Certainly Health Dialog’s research has notable limitations, perhaps the biggest being how will the program perform over time–did patients who decided against surgery in the first year stick to that decision in the following year? Despite the unknowns related to potential quality improvements and how the program generates saving, definitive answers to these questions may not be a necessary requirement to purchase. In the near term, the study’s methodology is stronger than what we have seen in the commercial market to date, its theoretical basis for savings for preference-sensitive conditions is strong, and the reach rate exceeded 50 percent for its traditional disease management patients, better than the market norm. While this study may not be a great advertisement for traditional disease management, it provides compelling support for Health Dialog’s potentially unique model.

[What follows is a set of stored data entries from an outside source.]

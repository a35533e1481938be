-- ===== src/File/Remove/Survivors.antt =====
-- src/file-posix.c: what a recursive mm_remove leaves when it goes on behind errors.
use Prim.Native.Nat.{max}
use mmlib.Base.{
  ℕ, zero, suc, ◌/◌, ◌%◌, ◌==◌, ◌≤◌, ◌≡◌, refl, ap, ◌∙◌, inl, inr, Bool, true, false, ◌&&◌,
  Bool-cases, Option, none, some, arith, if◌then◌else◌,
}
use mmlib.Base.Int.{ℤ, pos, negsuc}
use mmlib.Base.CString.{Bytes}
use mmlib.File.Remove.{
  FileNode, FileType, fifo, chr, blk, reg, lnk, sock, unknown, Nodes, file, folder, empty, entry,
  Opening, not_opened, not_read, opened, RemoveFlags, file_type, dir_type, considered, selected,
  is_empty, keep, unlink_folder, mm_remove_rec, mm_remove, end_remove, recursion_max, remove_one,
}

-- Whether a bit of the flags is set.
abbrev pub has_bit : RemoveFlags → (bit : ℕ) → Bool
has_bit flags bit = flags.types / bit % 2 == 1

-- The bits MM_DT_* of the types; a file of unknown type may always go.
abbrev pub may_go : RemoveFlags → FileType → Bool
may_go flags fifo = has_bit flags 2
may_go flags chr = has_bit flags 4
may_go flags blk = has_bit flags 8
may_go flags reg = has_bit flags 32
may_go flags lnk = has_bit flags 64
may_go flags sock = has_bit flags 128
may_go flags unknown = true

abbrev pub no_entry : Nodes → Bool
no_entry empty = true
no_entry (entry node nodes) = false

-- The entries that stay where directories may go: files of other types, those that the system keeps, and the
-- directories that were not opened or in which something stays. A directory that cannot be read keeps its entries.
unfoldable pub survivors : RemoveFlags → Nodes → Nodes
survivors flags empty = empty
survivors flags (entry (file name type removable) rest) =
    let left = survivors flags rest in
    if may_go flags type && removable then left else entry (file name type removable) left
survivors flags (entry (folder name not_opened removable inside) rest) =
    entry (folder name not_opened removable inside) (survivors flags rest)
survivors flags (entry (folder name not_read removable inside) rest) =
    let left = survivors flags rest in
    if removable && no_entry inside
    then left
    else entry (folder name not_read removable inside) left
survivors flags (entry (folder name opened removable inside) rest) =
    let left = survivors flags rest in
    let left_inside = survivors flags inside in
    if removable && no_entry left_inside
    then left
    else entry (folder name opened removable left_inside) left

considered-may_go :
    (flags : RemoveFlags) (type : FileType) → considered flags (file_type type) ≡ may_go flags type
unfolding considered selected file_type
considered-may_go flags fifo = refl
considered-may_go flags chr = refl
considered-may_go flags blk = refl
considered-may_go flags reg = refl
considered-may_go flags lnk = refl
considered-may_go flags sock = refl
considered-may_go flags unknown = refl

considered-dir : (flags : RemoveFlags) → considered flags dir_type ≡ has_bit flags 16
unfolding considered selected
considered-dir flags = refl

keep-unlink_folder :
    (name : Bytes) (opening : Opening) (removable : Bool) (inside left : Nodes)
    → keep (unlink_folder name opening removable inside) left ≡ (
        if removable && no_entry inside
        then left
        else entry (folder name opening removable inside) left)
unfolding unlink_folder
keep-unlink_folder name opening false inside left = refl
keep-unlink_folder name opening true empty left = refl
keep-unlink_folder name opening true (entry node nodes) left = refl

-- How deep directories stand in directories.
abbrev pub depth : Nodes → ℕ
depth empty = 0
depth (entry (file name type removable) rest) = depth rest
depth (entry (folder name opening removable inside) rest) = max (suc (depth inside)) (depth rest)

depth_rest :
    (name : Bytes) (opening : Opening) (removable : Bool) (inside rest : Nodes)
    → depth rest ≤ depth (entry (folder name opening removable inside) rest)
depth_rest name opening removable inside rest = omega arith

depth_inside :
    (name : Bytes) (opening : Opening) (removable : Bool) (inside rest : Nodes)
    → suc (depth inside) ≤ depth (entry (folder name opening removable inside) rest)
depth_inside name opening removable inside rest = omega arith

module _ (flags : RemoveFlags) (go : flags.fail_on_error ≡ false)
    (dirs : has_bit flags 16 ≡ true) where
  dir_seen : considered flags dir_type ≡ true
  dir_seen = considered-dir flags ∙ dirs

  mm_remove_rec-survivors :
      (levels : ℕ) (nodes : Nodes)
      → depth nodes ≤ levels
      → mm_remove_rec flags (suc levels) opened nodes ≡ (survivors flags nodes, true)
  unfolding mm_remove_rec survivors
  mm_remove_rec-survivors levels empty h = refl
  mm_remove_rec-survivors levels (entry (file name type true) rest) h =
      let later = mm_remove_rec-survivors levels rest h in
      let same = considered-may_go flags type in
      elim (Bool-cases (may_go flags type)) [
        | inl c ↦ rw (same, c, later, mm_remove_rec, survivors) refl
        | inr c ↦ rw (same, c, later, mm_remove_rec, survivors) refl
      ]
  mm_remove_rec-survivors levels (entry (file name type false) rest) h =
      let later = mm_remove_rec-survivors levels rest h in
      let same = considered-may_go flags type in
      elim (Bool-cases (may_go flags type)) [
        | inl c ↦ rw (same, c, go, later, mm_remove_rec, survivors) refl
        | inr c ↦ rw (same, c, later, mm_remove_rec, survivors) refl
      ]
  mm_remove_rec-survivors levels (entry (folder name not_opened removable inside) rest) h =
      let later =
        mm_remove_rec-survivors levels rest
          (omega (arith, h, depth_rest name not_opened removable inside rest)) in
      rw (dir_seen, go, later, mm_remove_rec, survivors) refl
  mm_remove_rec-survivors zero (entry (folder name not_read removable inside) rest) h =
      absurd (omega (arith, h, depth_inside name not_read removable inside rest))
  mm_remove_rec-survivors (suc levels) (entry (folder name not_read removable inside) rest) h =
      let later =
        mm_remove_rec-survivors (suc levels) rest
          (omega (arith, h, depth_rest name not_read removable inside rest)) in
      rw (dir_seen, go, later, mm_remove_rec, survivors)
        (ap (λ nodes. (nodes, true))
          (keep-unlink_folder name not_read removable inside (survivors flags rest)))
  mm_remove_rec-survivors zero (entry (folder name opened removable inside) rest) h =
      absurd (omega (arith, h, depth_inside name opened removable inside rest))
  mm_remove_rec-survivors (suc levels) (entry (folder name opened removable inside) rest) h =
      let later =
        mm_remove_rec-survivors (suc levels) rest
          (omega (arith, h, depth_rest name opened removable inside rest)) in
      let within =
        mm_remove_rec-survivors levels inside
          (omega (arith, h, depth_inside name opened removable inside rest)) in
      rw (dir_seen, go, later, within, mm_remove_rec, survivors)
        (ap (λ nodes. (nodes, true))
          (keep-unlink_folder name opened removable (survivors flags inside)
            (survivors flags rest)))

pub both_true :
    (x y z : Option FileNode × ℤ) (a b : Bool)
    → a ≡ true
    → b ≡ true
    → (if a then (if b then x else y) else z) ≡ x
both_true x y z true true h k = refl
both_true x y z true false h k = absurd (ground (arith, k))
both_true x y z false b h k = absurd (ground (arith, h))

remove_one_if :
    (name : Bytes) (removable : Bool) (left : Nodes)
    → remove_one (removable && is_empty left) (folder name opened removable left) ≡ (
        if removable && no_entry left
        then (none, pos 0)
        else (some (folder name opened removable left), negsuc 0))
remove_one_if name false left = refl
remove_one_if name true empty = refl
remove_one_if name true (entry node nodes) = refl

-- mm_remove of a directory that can be opened, and is named in its parent, with MM_RECURSIVE and MM_DT_DIR
-- but not MM_FAILONERROR, no more than 100 directories deep: its entries that stay are the files of a known
-- type that is not in the flags, those that the system keeps, and the directories that were not opened or
-- in which something stays, while a file of unknown type that the system lets go is removed whatever the
-- flags are; the directory goes, and 0 is returned, exactly if no entry stays and the system lets it go.
pub mm_remove-survivors :
    (flags : RemoveFlags) (name : Bytes) (removable : Bool) (inside : Nodes)
    → flags.fail_on_error ≡ false
    → flags.recursive ≡ true
    → has_bit flags 16 ≡ true
    → depth inside ≤ recursion_max
    → mm_remove flags false (some (folder name opened removable inside)) ≡ (
        let left = survivors flags inside in
        if removable && no_entry left
        then (none, pos 0)
        else (some (folder name opened removable left), negsuc 0))
unfolding mm_remove selected
mm_remove-survivors flags name removable inside go rec dir h =
    let removed = end_remove flags false name opened removable in
    both_true _ _ _ (selected flags dir_type) flags.recursive dir rec
    ∙ ap removed (mm_remove_rec-survivors flags go dir recursion_max inside h)
    ∙ remove_one_if name removable (survivors flags inside)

The study and application of health outcomes research to the management of pharmaceuticals is a messy business. Research tools range from the large randomized controlled trial to the small, self-reported health outcomes study. Considerable uncertainty still exists about the best methodology for many areas of inquiry, and commercial interests and publication bias runs rampant. While pharmaceutical manufacturers are the most studied offenders, health care vendors are all potential violators; and of course, bias is not limited to those with commercial interests.
A study published earlier this year in JAMA once again brought awareness to the extent of the bias problem, with headlines reporting “Science for Sale.” Considering top medical journals, scientists reviewed over 600 studies from 2006 that had reported statistically non-significant primary outcomes. They subsequently conducted a detailed analysis of 72 of those they considered to be of the highest quality—all randomized controlled trials. Upon detailed review, they found that 50 percent of the articles misrepresented the data in the study conclusions, leaving the impression that the treatments were effective even though the primary results indicated otherwise. This “spin” —which the study authors define as specific reporting strategies, whatever their motive, to highlight that the experimental treatment is beneficial, despite a statistically nonsignificant difference for the primary outcome, or to distract the reader from statistically nonsignificant results—also appeared in nearly 60% of the conclusions found in the study abstracts.

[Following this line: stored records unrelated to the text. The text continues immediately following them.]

-- ===== src/File/Remove/Stops.antt =====
-- src/file-posix.c: a recursive mm_remove that is to stop at the first error stops behind the first directory.
use mmlib.Base.{
  ℕ, suc, ◌≡◌, refl, ap, ◌∙◌, Bool, true, false, not, Option, none, some, arith, if◌then◌else◌,
}
use mmlib.Base.Int.{ℤ, negsuc}
use mmlib.File.Remove.Survivors.{both_true}
use mmlib.Base.CString.{Bytes}
use mmlib.File.Remove.{
  FileNode, Nodes, file, folder, empty, entry, opened, RemoveFlags, file_type, dir_type, considered,
  selected, unlink_folder, mm_remove_rec, mm_remove, end_remove, recursion_max, go_on,
}

-- Files whose types are in the flags, and that the system lets go.
abbrev pub OnlyFiles : RemoveFlags → Nodes → Type 0
OnlyFiles flags empty = Unit
OnlyFiles flags (entry (file name type removable) rest) =
    (considered flags (file_type type) ≡ true) × (removable ≡ true) × OnlyFiles flags rest
OnlyFiles flags (entry (folder name opening removable inside) rest) = ⊥

abbrev pub append : Nodes → Nodes → Nodes
append empty rest = rest
append (entry node nodes) rest = entry node (append nodes rest)

-- Files before others are removed.
mm_remove_rec-files :
    (flags : RemoveFlags) (levels : ℕ) (files rest : Nodes)
    → OnlyFiles flags files
    → mm_remove_rec flags (suc levels) opened (append files rest)
      ≡ mm_remove_rec flags (suc levels) opened rest
unfolding mm_remove_rec
mm_remove_rec-files flags levels empty rest h = refl
mm_remove_rec-files flags levels (entry (file name type true) files) rest (c, r, h) =
    rw (c, mm_remove_rec-files flags levels files rest h, mm_remove_rec) refl
mm_remove_rec-files flags levels (entry (file name type false) files) rest (c, r, h) =
    absurd (ground (arith, r))
mm_remove_rec-files flags levels (entry (folder name opening removable inside) files) rest h =
    absurd h

OnlyFiles-removed :
    (flags : RemoveFlags) (levels : ℕ) (files : Nodes)
    → OnlyFiles flags files
    → mm_remove_rec flags (suc levels) opened files ≡ (empty, true)
unfolding mm_remove_rec
OnlyFiles-removed flags levels empty h = refl
OnlyFiles-removed flags levels (entry (file name type true) files) (c, r, h) =
    rw (c, OnlyFiles-removed flags levels files h, mm_remove_rec) refl
OnlyFiles-removed flags levels (entry (file name type false) files) (c, r, h) =
    absurd (ground (arith, r))
OnlyFiles-removed flags levels (entry (folder name opening removable inside) files) h = absurd h

stops :
    (fail_on_error : Bool) (rest : Nodes) (removed_rest : Nodes × Bool)
    → fail_on_error ≡ true
    → go_on true fail_on_error none rest removed_rest ≡ (rest, false)
stops true rest removed_rest h = refl
stops false rest removed_rest h = absurd (ground (arith, h))

first_folder :
    (flags : RemoveFlags) (levels : ℕ) (name : Bytes) (inside rest : Nodes)
    → considered flags dir_type ≡ true
    → OnlyFiles flags inside
    → flags.fail_on_error ≡ true
    → mm_remove_rec flags (suc (suc levels)) opened (entry (folder name opened true inside) rest)
      ≡ (rest, false)
unfolding mm_remove_rec unlink_folder
first_folder flags levels name inside rest c h stop =
    rw (c, OnlyFiles-removed flags levels inside h, mm_remove_rec)
      (stops flags.fail_on_error rest (mm_remove_rec flags (suc (suc levels)) opened rest) stop)

either_way : (b : Bool) (x : Option FileNode × ℤ) → (if b then x else x) ≡ x
either_way true x = refl
either_way false x = refl

-- With MM_FAILONERROR, mm_remove with MM_RECURSIVE of a directory that holds some files, a directory of files
-- only, and then at least one more entry, removes the former ones and returns -1 with the entries behind the
-- directory left, although the types of all these files and of directories are in the flags and the system
-- lets all of them go.
pub mm_remove-stops :
    (flags : RemoveFlags) (name inner : Bytes) (files inside : Nodes) (next : FileNode)
    (rest : Nodes)
    → flags.fail_on_error ≡ true
    → flags.recursive ≡ true
    → selected flags dir_type ≡ true
    → OnlyFiles flags files
    → OnlyFiles flags inside
    → mm_remove flags false (
        some (
          folder name opened true
            (append files (entry (folder inner opened true inside) (entry next rest)))))
      ≡ (some (folder name opened true (entry next rest)), negsuc 0)
unfolding mm_remove considered
mm_remove-stops flags name inner files inside next rest stop rec dir h k =
    let after = entry next rest in
    let dir_seen : considered flags dir_type ≡ true = rw (dir, considered) refl in
    let nodes = append files (entry (folder inner opened true inside) after) in
    let removed : mm_remove_rec flags (suc recursion_max) opened nodes ≡ (after, false) =
      mm_remove_rec-files flags recursion_max files (entry (folder inner opened true inside) after)
        h
      ∙ first_folder flags 99 inner inside after dir_seen k stop in
    both_true _ _ _ (selected flags dir_type) flags.recursive dir rec
    ∙ ap (end_remove flags false name opened true) removed
    ∙ either_way (not flags.fail_on_error) (some (folder name opened true after), negsuc 0)
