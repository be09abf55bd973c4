-- ===== src/Cache/Commit/Sample.antt =====
-- A disk that writes through, and the file of an archive with one payload, for tests.
use faster_file_copy.Prelude.{
  ℕ, ◌+◌, ◌≤◌, ◌≡◌, inl, inr, refl, ◌∙◌, some, List, [], ◌∷◌, ◌++◌, length, take, length-take,
  arith,
}
use faster_file_copy.Prelude.Splice.{
  slice, splice, length-splice, slice-splice_before, slice-splice_after, slice-splice_same,
  slice-take,
}
use faster_file_copy.Prelude.Words.{write_le}
use faster_file_copy.Format.Checksum.{checksum}
use faster_file_copy.Format.Layout.{header_size, ArchiveIdentity}
use faster_file_copy.Format.Encode.{encode_header, encode_entry}
use faster_file_copy.Cache.Volume.{Volume, Apart, resize}
use faster_file_copy.Cache.Commit.{PreparedPending, fresh_header, encode_entries}
use faster_file_copy.Cache.Commit.Ranges.{Has}
use faster_file_copy.Cache.Commit.Keeps.{Kept}
use faster_file_copy.Cache.Commit.Effect.{payloads}
use faster_file_copy.Cache.Commit.Content.{Sound, Storable, Represents, begin}
use faster_file_copy.Cache.Commit.Fresh.{IdentityFits, three_ranges}
use faster_file_copy.Cache.Commit.Prepared.{checksum-lt}
use faster_file_copy.Cache.Commit.Durable.{
  header_of, index_of, length-header_of, length-index_of, Stored,
}

pub write_range :
    (f : List ℕ) (o : ℕ) (b : List ℕ) (i n : ℕ) (c : List ℕ)
    → Apart i n o (length b)
    → (slice i n f ≡ c) × (i + n ≤ length f)
    → (slice i n (splice f o b) ≡ c) × (i + n ≤ length (splice f o b))
write_range f o b i n c (inl before) h =
    (slice-splice_before f o b i n before h.1 ∙ h.0, omega (arith, length-splice f o b, h.1))
write_range f o b i n c (inr behind) h =
    (slice-splice_after f o b i n behind h.1 ∙ h.0, omega (arith, length-splice f o b, h.1))

pub short-Apart :
    (i n o got : ℕ) (b : List ℕ) → Apart i n o (length b) → Apart i n o (length (take got b))
short-Apart i n o got b (inl h) = inl h
short-Apart i n o got b (inr h) = inr (omega (arith, length-take got b))

pub resize_range :
    (f : List ℕ) (size i n : ℕ) (c : List ℕ)
    → i + n ≤ size
    → (slice i n f ≡ c) × (i + n ≤ length f)
    → (slice i n (resize f size) ≡ c) × (i + n ≤ length (resize f size))
resize_range f size i n c fits h = (
  slice-take (splice f size []) size i n fits ∙ slice-splice_before f size [] i n fits h.1 ∙ h.0,
  omega (arith, length-take size (splice f size []), length-splice f size [], fits),
)

abbrev pub disk : Volume
disk = record {
  File = List ℕ;
  bytes = λ f. f;
  Image = λ f img. img ≡ f;
  write = splice;
  torn = λ f o b got. splice f o (take got b);
  set_size = resize;
  flush = λ f. f;
  bytes-write = λ f o b. refl;
  bytes-torn = λ f o b got. refl;
  bytes-set_size = λ f size. refl;
  bytes-flush = λ f. refl;
  write_keeps = λ f o b i n c apart h img is. rw is (write_range f o b i n c apart (h f refl));
  torn_keeps = λ f o b got i n c apart h img is.
      rw is (write_range f o (take got b) i n c (short-Apart i n o got b apart) (h f refl));
  set_size_keeps = λ f size i n c fits h img is. rw is (resize_range f size i n c fits (h f refl));
  flush_settles = λ f img is. is;
  sector_atomic = λ f b c small h img is.
      rw is (inr (slice-splice_same f 0 b), omega (arith, length-splice f 0 b));
}

abbrev pub archive : ArchiveIdentity
archive = record { file_size = 10; last_write = 11; fingerprint = 12; archive_entries = 3 }

abbrev pub item : ℕ → List ℕ → PreparedPending
item start b = record {
  start_offset = start;
  payload = b;
  checksum_value = checksum (some b) (length b);
}

abbrev pub first : PreparedPending
first = item 5 (1 ∷ 2 ∷ 3 ∷ [])

abbrev pub second : PreparedPending
second = item 7 (4 ∷ 5 ∷ [])

abbrev pub old : List PreparedPending
old = first ∷ []

abbrev pub new : List PreparedPending
new = second ∷ []

pub first-Sound : Sound first
first-Sound = record {
  nonempty = omega arith;
  small = omega arith;
  start_fits = omega arith;
  summed = refl;
  checksum_fits = (let c = checksum-lt (1 ∷ 2 ∷ 3 ∷ []) 3 in omega (arith, c));
}

pub second-Sound : Sound second
second-Sound = record {
  nonempty = omega arith;
  small = omega arith;
  start_fits = omega arith;
  summed = refl;
  checksum_fits = (let c = checksum-lt (4 ∷ 5 ∷ []) 2 in omega (arith, c));
}

pub archive-fits : IdentityFits archive
archive-fits = record {
  size_fits = omega arith;
  write_fits = omega arith;
  fingerprint_fits = omega arith;
  capacity_small = omega arith;
}

pub old-Storable : Storable archive old
old-Storable = record {
  some_entry = omega arith;
  within_capacity = omega arith;
  capacity_small = omega arith;
  size_fits = omega arith;
  write_fits = omega arith;
  fingerprint_fits = omega arith;
  sound = (first-Sound, tt);
  distinct = (tt, tt);
  room = omega arith;
}

pub both-Storable : Storable archive (old ++ new)
both-Storable = record {
  some_entry = omega arith;
  within_capacity = omega arith;
  capacity_small = omega arith;
  size_fits = omega arith;
  write_fits = omega arith;
  fingerprint_fits = omega arith;
  sound = (first-Sound, (second-Sound, tt));
  distinct = (((λ e. absurd (omega (arith, e))), tt), (tt, tt));
  room = omega arith;
}

-- The file with the first payload.
abbrev pub old_file : List ℕ
old_file =
    splice (splice (splice [] 0 (header_of archive old)) header_size (index_of archive old))
      (begin archive) (payloads old)

pub old_ranges :
    Has old_file 0 (header_of archive old)
    × Has old_file header_size (index_of archive old)
    × Has old_file (begin archive) (payloads old)
old_ranges =
    three_ranges (header_of archive old) (index_of archive old) (payloads old) (begin archive) []
      (length-header_of archive old) (omega (arith, length-index_of archive old))

pub on_disk : (i : ℕ) (c : List ℕ) → Has old_file i c → Kept disk old_file i c
on_disk i c h = record { seen = h; survives = λ img is. rw is h }

pub old-Stored : Stored disk archive old old_file
old-Stored = record {
  header_kept = on_disk 0 (header_of archive old) old_ranges.0;
  index_kept = on_disk header_size (index_of archive old) old_ranges.1;
  data_kept = on_disk (begin archive) (payloads old) old_ranges.2;
}

pub old-Represents : Represents archive old old_file
old-Represents = record {
  has_header = old_ranges.0;
  has_index = old_ranges.1;
  has_data = old_ranges.2;
}

pub old_size : length old_file ≡ 107
unfolding splice encode_header encode_entry encode_entries write_le fresh_header
old_size = refl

If the conclusions in 50 percent of the studies published in top medical journals are being spun toward independent interests, what is the magnitude of distortion in health outcomes research related to pharmaceuticals, where the methodological choices are greater, the standards less well-defined, the chance of study registration prior to initiation far less likely, and the quality of peer-review often suspect? The issue of bias only serves to compound decision-makers’ challenge in reviewing and applying the rapidly growing body of health outcomes research to make a well-informed decision about their pharmacy benefits. Recognizing this challenge, in the months ahead, our plan is to laud those who use the right evaluation methods for health outcomes assessment and call out those who do not and to provide simple tools for decision-makers to increase their knowledge and ability to see through the rhetoric. Finally, by adding another voice on the side of rigorous analysis, the truth about what works and what doesn’t will continue to crowd out studies that are merely repackaged marketing.